For those who feed swedes,  did you find that they were an acquired taste,  or did your horses simply pitch in?

Alec.


----------



## Supertrooper (12 November 2011)

Ours went for it straight away but then he's not known for his restraint!!


----------



## FionaM12 (12 November 2011)

Does anyone know how they compare to carrots for sugar content? I want to keep Mollie's sugar intake down, and I believe carrots are quite high?


----------



## Supertrooper (12 November 2011)

I think swedes are lower than carrots. Carrots though arn't that high as mainly water BUT I may be totally wrong xx


----------



## bumblelion (12 November 2011)

My boys love them! I drill a hole through and string them up in stables. During summer months I just chuck them out whole in field, keeps them occupied for ages!!


----------



## BillyBob-Sleigh (12 November 2011)

Alec Swan said:



			For those who feed swedes,  did you find that they were an acquired taste,  or did your horses simply pitch in?

Alec.
		
Click to expand...

My boy had never had one before, and he wolfed it down in seconds


----------



## caramel (12 November 2011)

The first time I gave one to my boy he played with it and ate it, second time he demolished it in minutes, third time he ignored it! 
Will give him one occasionally as something different.


----------



## Cadfael&Coffee (12 November 2011)

i tried these when mine was on box rest... took a disturbing 30 SECONDS to demolish it the clever little b@gger haha!!


----------



## Nari (12 November 2011)

One of mine loves them, the other hates them. If Little Un has just eaten one Jim won't talk to him until the smell has gone!


----------



## jennifer83 (12 November 2011)

My horse didn't like it. I put it in his field and he used it as a football


----------



## Jnhuk (12 November 2011)

Yes although I tend to keep them as a winter treat especially when they are bored in the field when it is snowy and/or hard frost. Can put one in the feed trough to slow down their eating of ther feed. 

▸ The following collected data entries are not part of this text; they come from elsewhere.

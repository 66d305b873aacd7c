-- ===== src/Tests/Slots.antt =====
-- Two global symbols and a local one, and their slots.
use liblink.Base.{
  Each, Distinct, Bool, Option, some, ok, arith, ℕ, ◌+◌, ◌*◌, ◌≡◌, ◌≢◌, ◌<◌, refl, true, List, [],
  ◌∷◌, exit_success, ◌==◌, if◌then◌else◌,
}
use liblink.Memory.{store64, load64}
use liblink.Types.{SymbolStore, ElfShdr, ElfSym, ObjectCode}
use liblink.BinaryTree.{null}
use liblink.Linker.{Linker, no_header}
use liblink.Got.{
  need_got_slot, assign_symbols, fill_symbol, fill_slot, make_got, fill_got, verify_got,
}
use liblink.Got.Cells.{all_cells}
use liblink.Got.Cells.Verified.{verify_got-fill_got}
use liblink.Memory.Words.{words64}
use liblink.Elf.Init.{mk_oc}
use liblink.Got.Slots.{slots_in, assign_symbols_lem}
use liblink.Got.Fill.{fill_symbol_lem}
use liblink.Tests.Data.{zeros, no_sym}

-- STB_GLOBAL and STT_FUNC, but for symbol 11, which is local.
abbrev symbols : SymbolStore
symbols p = record {
  name = p ∷ [];
  addr = 0x4000 + p;
  hash = p;
  got_addr = 0x9000 + 8 * p;
  elf_sym = record no_sym { st_info = if p == 11 then 2 else 18 };
}

assign_symbols_lem_example :
    ((i : ℕ)
      → i < 3
      → (assign_symbols 8 0x9000 symbols 10 3 0).0 (10 + i) ≡ (
          if need_got_slot (symbols (10 + i)).elf_sym
          then record (symbols (10 + i)) { got_addr = 0x9000 + (0 + slots_in symbols 10 i) * 8 }
          else symbols (10 + i)))
    × ((assign_symbols 8 0x9000 symbols 10 3 0).1 ≡ 0 + slots_in symbols 10 3)
assign_symbols_lem_example = assign_symbols_lem 8 0x9000 symbols 10 3 0

abbrev nowhere : List ℕ → ℕ
nowhere name = 0

abbrev empty_linker : Linker
empty_linker = record { gsyms = null; objects = [] }

needed : need_got_slot (symbols 10).elf_sym ≡ true
unfolding need_got_slot
needed = refl

filled : (fill_symbol nowhere store64 empty_linker symbols 10 zeros).status ≡ exit_success
unfolding fill_symbol fill_slot need_got_slot
filled = refl

fill_symbol_lem_example :
    ((fill_symbol nowhere store64 empty_linker symbols 10 zeros).memory
      ≡ store64 zeros 0x9050
          ((fill_symbol nowhere store64 empty_linker symbols 10 zeros).symbols 10).addr)
    × ((symbols 10).got_addr ≢ 0)
    × (((fill_symbol nowhere store64 empty_linker symbols 10 zeros).symbols 10).addr ≢ 0)
    × ((fill_symbol nowhere store64 empty_linker symbols 10 zeros).symbols 10
        ≡ record (symbols 10) { addr = 0x400a })
    × ((q : ℕ)
        → q ≢ 10
        → (fill_symbol nowhere store64 empty_linker symbols 10 zeros).symbols q ≡ symbols q)
fill_symbol_lem_example =
    fill_symbol_lem nowhere store64 empty_linker symbols 10 zeros needed filled

-- An object with one table, of the symbols 10, 11 and 12, and no slots.
abbrev fresh_symbols : SymbolStore
fresh_symbols p = record (symbols p) { addr = 0x4000; got_addr = 0 }

abbrev bare : ObjectCode
bare = mk_oc [] 0x5000 100 true Option.none 0

abbrev sym_table_header : ElfShdr
sym_table_header = record no_header { sh_type = 2 }

abbrev object : ObjectCode
object = record bare {
  info = record bare.info {
    section_headers = sym_table_header ∷ [];
    symbol_tables = record { index = 0; symbols = 10; n_symbols = 3; names = 0 } ∷ [];
  };
}

abbrev file_symbols : ElfShdr → List ElfSym
file_symbols h = (symbols 10).elf_sym ∷ (symbols 11).elf_sym ∷ (symbols 12).elf_sym ∷ []

abbrev one_page : ℕ → Option ℕ
one_page size = some 0x9000

abbrev made : ObjectCode × SymbolStore × Bool
made = make_got file_symbols one_page 8 object fresh_symbols

three-Distinct : Distinct (10 ∷ 11 ∷ 12 ∷ [])
three-Distinct = (
  ((λ e. absurd (omega (arith, e))), ((λ e. absurd (omega (arith, e))), tt)),
  (((λ e. absurd (omega (arith, e))), tt), (tt, tt)),
)

no_slots : Each (λ p. (fresh_symbols p).got_addr ≡ 0) (10 ∷ 11 ∷ 12 ∷ [])
no_slots = (refl, (refl, (refl, tt)))

verify_got-fill_got_example :
    verify_got load64 made.0
      (fill_got nowhere store64 empty_linker made.0 made.1 zeros).symbols
      (fill_got nowhere store64 empty_linker made.0 made.1 zeros).memory
    ≡ ok exit_success
unfolding make_got fill_got fill_symbol fill_slot need_got_slot mk_oc all_cells
verify_got-fill_got_example =
    verify_got-fill_got 8 64 load64 store64 words64 nowhere (λ name. (omega arith, refl))
      empty_linker file_symbols one_page object made.0 fresh_symbols made.1 zeros three-Distinct
      no_slots (λ q. (omega arith, refl)) refl refl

The first ones are demolished in no time at all. The horses do seem to be less interested in them if they get them regularly - only eating the first half.


----------



## marmalade76 (13 November 2011)

Both my ponies love swede.


----------



## FanyDuChamp (13 November 2011)

Yes, my 2 race to see who can get through a swede fastest, Fany always wins!
FDC


----------



## unbalanced (13 November 2011)

FionaM12 said:



			Does anyone know how they compare to carrots for sugar content? I want to keep Mollie's sugar intake down, and I believe carrots are quite high?
		
Click to expand...

I have a laminitic and I feed swedes, apples, carrots and sugar free polos. As long as you are sensible and feed treats in moderation it's fine, according to my vet - and avoid sugary molasses filled store-bought treats such as likits and uncle jim's hanging balls, of course.

Carrots, apples and swedes have less sugar than grass.


----------



## dunkley (13 November 2011)

Swedes, and a whole sugar beet from time to time - they love them!


----------



## SuperCoblet (13 November 2011)

Once, I drilled a hole straight through one, and a couple of apples and carrots. Put a knot in one end if some fairly sturdy rope and threaded the swede first, then the apples and carrots and tied it too the roof if his stable where his likit usually goes, it's never taken him so long to eat one carrot, let alone the swede


----------